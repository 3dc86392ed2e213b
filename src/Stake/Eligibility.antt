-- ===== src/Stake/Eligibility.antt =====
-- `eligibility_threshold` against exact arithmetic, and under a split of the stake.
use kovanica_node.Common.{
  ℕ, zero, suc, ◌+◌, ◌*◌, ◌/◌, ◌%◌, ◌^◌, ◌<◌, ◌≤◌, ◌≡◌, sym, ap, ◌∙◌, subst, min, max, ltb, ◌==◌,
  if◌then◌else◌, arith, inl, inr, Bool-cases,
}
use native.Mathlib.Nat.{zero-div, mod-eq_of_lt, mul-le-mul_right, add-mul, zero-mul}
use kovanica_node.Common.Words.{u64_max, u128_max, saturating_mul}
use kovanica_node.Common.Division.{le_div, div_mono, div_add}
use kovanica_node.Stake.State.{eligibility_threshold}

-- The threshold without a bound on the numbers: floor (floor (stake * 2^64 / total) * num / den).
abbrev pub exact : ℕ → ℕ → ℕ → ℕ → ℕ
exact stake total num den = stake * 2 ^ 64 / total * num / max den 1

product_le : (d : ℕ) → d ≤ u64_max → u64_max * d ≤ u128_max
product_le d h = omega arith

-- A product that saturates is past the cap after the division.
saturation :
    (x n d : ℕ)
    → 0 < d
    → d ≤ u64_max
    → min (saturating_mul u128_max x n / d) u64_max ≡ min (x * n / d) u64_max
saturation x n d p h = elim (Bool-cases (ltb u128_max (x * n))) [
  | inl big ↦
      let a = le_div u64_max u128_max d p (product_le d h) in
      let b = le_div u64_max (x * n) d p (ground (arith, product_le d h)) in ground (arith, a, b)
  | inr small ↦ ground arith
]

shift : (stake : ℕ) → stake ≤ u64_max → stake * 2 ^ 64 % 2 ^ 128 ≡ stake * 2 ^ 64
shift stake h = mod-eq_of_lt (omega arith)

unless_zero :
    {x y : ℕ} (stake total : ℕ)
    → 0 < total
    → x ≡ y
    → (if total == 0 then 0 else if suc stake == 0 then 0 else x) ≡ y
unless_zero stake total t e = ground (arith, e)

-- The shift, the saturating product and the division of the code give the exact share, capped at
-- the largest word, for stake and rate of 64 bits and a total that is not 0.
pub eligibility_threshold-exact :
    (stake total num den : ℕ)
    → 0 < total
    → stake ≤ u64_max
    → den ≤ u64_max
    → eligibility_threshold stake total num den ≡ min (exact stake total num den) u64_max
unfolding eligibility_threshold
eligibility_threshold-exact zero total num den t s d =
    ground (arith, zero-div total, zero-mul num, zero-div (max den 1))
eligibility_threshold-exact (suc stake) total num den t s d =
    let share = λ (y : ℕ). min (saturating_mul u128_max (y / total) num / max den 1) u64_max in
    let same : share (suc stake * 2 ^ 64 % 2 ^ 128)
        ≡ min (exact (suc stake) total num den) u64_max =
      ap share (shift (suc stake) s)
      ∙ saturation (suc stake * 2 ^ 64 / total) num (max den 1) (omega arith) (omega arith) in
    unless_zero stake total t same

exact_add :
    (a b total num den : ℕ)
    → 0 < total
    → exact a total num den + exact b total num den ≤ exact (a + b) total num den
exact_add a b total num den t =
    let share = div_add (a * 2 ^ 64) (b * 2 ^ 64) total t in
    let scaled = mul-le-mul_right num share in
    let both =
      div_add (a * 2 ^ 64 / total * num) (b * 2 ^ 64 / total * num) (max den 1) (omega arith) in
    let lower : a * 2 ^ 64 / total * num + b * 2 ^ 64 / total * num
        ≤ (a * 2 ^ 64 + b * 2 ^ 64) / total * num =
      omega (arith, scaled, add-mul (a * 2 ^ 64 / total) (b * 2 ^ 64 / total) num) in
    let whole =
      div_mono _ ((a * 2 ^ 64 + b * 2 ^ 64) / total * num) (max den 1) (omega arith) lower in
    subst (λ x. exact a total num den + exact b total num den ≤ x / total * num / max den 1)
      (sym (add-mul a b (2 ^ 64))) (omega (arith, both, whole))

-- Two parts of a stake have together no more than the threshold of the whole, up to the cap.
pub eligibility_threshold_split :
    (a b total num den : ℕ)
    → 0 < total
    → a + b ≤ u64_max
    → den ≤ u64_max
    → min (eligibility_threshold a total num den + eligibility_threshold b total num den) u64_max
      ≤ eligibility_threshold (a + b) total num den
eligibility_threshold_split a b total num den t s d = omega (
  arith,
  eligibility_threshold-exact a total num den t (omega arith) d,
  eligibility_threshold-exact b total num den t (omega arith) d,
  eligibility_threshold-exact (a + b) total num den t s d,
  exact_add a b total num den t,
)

------------------------------------

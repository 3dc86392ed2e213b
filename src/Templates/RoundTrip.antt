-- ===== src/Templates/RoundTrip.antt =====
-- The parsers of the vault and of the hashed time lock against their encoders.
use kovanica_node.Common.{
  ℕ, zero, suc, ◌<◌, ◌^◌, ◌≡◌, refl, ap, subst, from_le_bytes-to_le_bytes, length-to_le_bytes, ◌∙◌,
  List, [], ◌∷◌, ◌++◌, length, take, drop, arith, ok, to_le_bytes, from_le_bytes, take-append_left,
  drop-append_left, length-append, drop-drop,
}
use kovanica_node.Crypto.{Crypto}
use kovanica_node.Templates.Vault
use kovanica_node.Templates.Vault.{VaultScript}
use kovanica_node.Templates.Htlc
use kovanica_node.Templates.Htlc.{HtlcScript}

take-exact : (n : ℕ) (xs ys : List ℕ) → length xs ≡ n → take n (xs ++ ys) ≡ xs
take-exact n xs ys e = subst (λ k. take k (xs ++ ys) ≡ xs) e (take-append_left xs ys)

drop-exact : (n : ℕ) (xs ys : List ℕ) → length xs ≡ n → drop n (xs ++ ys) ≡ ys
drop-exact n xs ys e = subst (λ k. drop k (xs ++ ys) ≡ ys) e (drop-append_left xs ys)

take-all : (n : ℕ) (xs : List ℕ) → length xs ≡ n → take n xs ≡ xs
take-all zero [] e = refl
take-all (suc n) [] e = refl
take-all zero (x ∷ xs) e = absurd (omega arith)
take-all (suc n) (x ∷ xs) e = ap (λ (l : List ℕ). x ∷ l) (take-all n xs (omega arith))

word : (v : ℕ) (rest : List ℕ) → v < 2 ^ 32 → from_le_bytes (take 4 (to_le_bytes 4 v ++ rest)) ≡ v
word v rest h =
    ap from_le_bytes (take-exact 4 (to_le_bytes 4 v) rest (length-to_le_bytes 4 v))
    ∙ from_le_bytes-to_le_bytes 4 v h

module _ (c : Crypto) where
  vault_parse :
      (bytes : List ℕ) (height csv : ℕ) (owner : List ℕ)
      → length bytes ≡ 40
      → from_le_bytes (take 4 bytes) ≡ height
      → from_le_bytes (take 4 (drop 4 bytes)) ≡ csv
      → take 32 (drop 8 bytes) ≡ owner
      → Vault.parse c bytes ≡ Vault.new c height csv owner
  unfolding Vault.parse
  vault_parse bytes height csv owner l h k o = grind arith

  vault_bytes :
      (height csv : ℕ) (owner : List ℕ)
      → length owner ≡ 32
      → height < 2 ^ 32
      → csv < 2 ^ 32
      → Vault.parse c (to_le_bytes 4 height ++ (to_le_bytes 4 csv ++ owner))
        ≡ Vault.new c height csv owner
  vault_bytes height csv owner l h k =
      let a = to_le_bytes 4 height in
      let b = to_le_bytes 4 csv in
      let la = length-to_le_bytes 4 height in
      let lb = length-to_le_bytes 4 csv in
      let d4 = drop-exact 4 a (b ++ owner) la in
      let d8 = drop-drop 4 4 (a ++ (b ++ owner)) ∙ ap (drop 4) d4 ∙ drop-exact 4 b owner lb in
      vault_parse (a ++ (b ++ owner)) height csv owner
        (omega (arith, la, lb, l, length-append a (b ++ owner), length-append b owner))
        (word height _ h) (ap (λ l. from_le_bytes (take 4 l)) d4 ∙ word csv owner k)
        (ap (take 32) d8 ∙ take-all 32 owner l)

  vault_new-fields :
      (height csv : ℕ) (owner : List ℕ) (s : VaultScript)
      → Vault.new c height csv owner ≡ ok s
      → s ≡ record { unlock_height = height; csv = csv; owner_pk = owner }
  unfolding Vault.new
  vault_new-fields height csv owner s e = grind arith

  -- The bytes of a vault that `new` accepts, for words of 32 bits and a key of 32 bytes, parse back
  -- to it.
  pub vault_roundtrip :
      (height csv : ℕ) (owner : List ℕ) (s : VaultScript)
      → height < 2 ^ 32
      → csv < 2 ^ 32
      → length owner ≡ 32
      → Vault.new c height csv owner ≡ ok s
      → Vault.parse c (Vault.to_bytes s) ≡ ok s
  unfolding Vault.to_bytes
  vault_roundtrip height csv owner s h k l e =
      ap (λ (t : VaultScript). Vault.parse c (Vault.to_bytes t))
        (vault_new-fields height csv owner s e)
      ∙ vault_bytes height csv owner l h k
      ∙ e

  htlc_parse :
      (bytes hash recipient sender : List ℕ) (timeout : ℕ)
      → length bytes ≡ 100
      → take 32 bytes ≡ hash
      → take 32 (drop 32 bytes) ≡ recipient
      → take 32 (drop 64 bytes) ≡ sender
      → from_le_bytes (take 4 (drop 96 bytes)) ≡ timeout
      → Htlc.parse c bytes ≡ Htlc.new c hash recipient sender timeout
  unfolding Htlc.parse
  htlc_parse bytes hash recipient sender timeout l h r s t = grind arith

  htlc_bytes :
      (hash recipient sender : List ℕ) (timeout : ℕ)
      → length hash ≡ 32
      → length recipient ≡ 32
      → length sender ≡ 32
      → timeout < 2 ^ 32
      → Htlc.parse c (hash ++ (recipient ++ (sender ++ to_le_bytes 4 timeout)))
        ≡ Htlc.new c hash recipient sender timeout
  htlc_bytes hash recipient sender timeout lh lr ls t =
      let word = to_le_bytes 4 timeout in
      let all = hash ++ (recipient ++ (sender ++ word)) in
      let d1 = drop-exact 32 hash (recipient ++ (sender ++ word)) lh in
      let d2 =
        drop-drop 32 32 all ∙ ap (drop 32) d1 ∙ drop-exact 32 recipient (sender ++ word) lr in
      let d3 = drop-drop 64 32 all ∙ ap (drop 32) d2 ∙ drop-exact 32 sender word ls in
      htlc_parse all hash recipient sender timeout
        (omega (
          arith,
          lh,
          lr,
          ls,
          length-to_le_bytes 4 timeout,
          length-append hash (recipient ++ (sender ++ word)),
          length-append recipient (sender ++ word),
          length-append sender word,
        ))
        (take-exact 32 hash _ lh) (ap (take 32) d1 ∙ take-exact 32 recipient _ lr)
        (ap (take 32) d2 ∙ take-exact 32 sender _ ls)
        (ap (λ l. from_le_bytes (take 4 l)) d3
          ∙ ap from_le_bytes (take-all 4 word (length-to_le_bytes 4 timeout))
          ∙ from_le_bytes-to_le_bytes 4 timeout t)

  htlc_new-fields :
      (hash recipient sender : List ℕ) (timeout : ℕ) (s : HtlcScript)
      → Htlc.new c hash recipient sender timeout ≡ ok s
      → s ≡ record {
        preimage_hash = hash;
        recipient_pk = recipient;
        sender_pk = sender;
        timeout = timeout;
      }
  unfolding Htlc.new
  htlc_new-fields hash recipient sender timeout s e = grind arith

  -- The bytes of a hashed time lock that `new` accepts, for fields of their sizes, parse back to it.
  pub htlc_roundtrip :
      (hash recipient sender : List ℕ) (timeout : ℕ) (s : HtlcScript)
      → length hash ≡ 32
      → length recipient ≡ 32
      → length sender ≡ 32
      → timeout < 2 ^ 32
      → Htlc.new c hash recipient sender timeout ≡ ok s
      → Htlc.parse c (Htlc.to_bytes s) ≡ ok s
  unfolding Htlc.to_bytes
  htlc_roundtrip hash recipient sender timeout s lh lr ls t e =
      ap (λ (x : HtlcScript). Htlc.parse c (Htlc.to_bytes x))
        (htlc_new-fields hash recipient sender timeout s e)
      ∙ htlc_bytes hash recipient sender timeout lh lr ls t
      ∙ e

------------------------------------

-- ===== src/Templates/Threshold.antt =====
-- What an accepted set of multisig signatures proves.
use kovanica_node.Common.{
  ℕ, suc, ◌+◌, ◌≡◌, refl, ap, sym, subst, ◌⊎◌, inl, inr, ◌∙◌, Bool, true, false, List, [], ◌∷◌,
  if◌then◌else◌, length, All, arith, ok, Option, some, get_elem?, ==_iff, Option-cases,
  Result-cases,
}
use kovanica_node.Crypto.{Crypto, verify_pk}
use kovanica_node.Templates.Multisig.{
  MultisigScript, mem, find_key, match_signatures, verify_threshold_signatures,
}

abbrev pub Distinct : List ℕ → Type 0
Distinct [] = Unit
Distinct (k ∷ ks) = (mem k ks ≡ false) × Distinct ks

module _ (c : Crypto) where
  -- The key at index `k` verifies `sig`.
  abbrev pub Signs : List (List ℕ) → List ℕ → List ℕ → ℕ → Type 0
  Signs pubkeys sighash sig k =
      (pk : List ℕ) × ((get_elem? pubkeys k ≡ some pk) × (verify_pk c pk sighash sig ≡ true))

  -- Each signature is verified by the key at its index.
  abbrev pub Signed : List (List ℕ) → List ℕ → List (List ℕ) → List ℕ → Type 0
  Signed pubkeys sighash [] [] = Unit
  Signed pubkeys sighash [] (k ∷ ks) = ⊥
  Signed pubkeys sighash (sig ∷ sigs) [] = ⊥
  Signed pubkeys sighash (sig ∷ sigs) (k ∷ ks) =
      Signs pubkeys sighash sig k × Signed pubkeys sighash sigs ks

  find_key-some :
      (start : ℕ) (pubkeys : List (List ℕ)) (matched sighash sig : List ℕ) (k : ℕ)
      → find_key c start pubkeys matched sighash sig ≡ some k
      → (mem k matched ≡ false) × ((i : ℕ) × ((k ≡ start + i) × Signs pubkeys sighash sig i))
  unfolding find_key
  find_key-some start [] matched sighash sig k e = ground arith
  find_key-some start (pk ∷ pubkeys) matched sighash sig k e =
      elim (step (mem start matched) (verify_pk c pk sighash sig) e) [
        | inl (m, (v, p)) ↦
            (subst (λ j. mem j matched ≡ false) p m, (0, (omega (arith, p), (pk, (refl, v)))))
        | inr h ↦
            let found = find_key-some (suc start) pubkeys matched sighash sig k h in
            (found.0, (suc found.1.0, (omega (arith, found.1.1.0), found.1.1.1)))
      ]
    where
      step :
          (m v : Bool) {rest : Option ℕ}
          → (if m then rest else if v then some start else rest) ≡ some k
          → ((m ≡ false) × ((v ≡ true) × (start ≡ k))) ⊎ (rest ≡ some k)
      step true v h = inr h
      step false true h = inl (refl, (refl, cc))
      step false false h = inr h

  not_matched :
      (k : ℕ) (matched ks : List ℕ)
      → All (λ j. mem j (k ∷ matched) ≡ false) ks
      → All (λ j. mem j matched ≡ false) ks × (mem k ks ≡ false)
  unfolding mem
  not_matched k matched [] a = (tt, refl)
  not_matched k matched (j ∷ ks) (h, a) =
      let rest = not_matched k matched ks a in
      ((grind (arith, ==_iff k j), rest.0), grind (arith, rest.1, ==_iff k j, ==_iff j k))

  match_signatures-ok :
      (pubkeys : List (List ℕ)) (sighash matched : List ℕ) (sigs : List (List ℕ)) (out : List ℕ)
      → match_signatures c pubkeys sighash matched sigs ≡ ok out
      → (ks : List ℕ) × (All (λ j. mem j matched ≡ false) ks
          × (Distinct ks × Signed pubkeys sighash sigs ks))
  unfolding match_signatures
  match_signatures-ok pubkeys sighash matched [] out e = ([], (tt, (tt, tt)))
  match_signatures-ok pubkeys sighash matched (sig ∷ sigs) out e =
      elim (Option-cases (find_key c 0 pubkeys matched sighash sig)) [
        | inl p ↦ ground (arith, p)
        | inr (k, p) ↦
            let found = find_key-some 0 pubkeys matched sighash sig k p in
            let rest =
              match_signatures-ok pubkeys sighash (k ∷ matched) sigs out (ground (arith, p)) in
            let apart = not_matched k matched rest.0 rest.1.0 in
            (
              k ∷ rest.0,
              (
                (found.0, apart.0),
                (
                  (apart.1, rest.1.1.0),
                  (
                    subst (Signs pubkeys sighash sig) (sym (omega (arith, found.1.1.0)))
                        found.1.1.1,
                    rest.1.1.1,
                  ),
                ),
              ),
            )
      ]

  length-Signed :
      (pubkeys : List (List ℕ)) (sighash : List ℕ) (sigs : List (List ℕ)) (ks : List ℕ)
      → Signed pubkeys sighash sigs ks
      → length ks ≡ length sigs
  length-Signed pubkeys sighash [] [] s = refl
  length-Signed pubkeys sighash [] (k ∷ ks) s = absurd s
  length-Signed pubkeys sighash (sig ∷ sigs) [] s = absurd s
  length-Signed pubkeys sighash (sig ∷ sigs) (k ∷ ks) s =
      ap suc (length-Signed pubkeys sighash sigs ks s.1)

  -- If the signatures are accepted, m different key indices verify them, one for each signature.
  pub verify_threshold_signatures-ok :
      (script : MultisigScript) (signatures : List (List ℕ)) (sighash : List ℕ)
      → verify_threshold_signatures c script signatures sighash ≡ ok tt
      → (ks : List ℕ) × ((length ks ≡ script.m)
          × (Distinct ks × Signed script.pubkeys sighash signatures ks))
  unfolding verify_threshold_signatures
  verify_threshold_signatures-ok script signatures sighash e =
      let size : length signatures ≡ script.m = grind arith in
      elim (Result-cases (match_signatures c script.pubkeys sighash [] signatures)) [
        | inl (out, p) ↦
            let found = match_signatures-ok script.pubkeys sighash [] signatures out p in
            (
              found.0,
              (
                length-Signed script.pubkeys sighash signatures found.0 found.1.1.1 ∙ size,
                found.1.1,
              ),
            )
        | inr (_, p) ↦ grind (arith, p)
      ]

------------------------------------

Directions for this task: Your answer is a single number: the count of lines in the records holding the string "fields".

Completed exercise: 7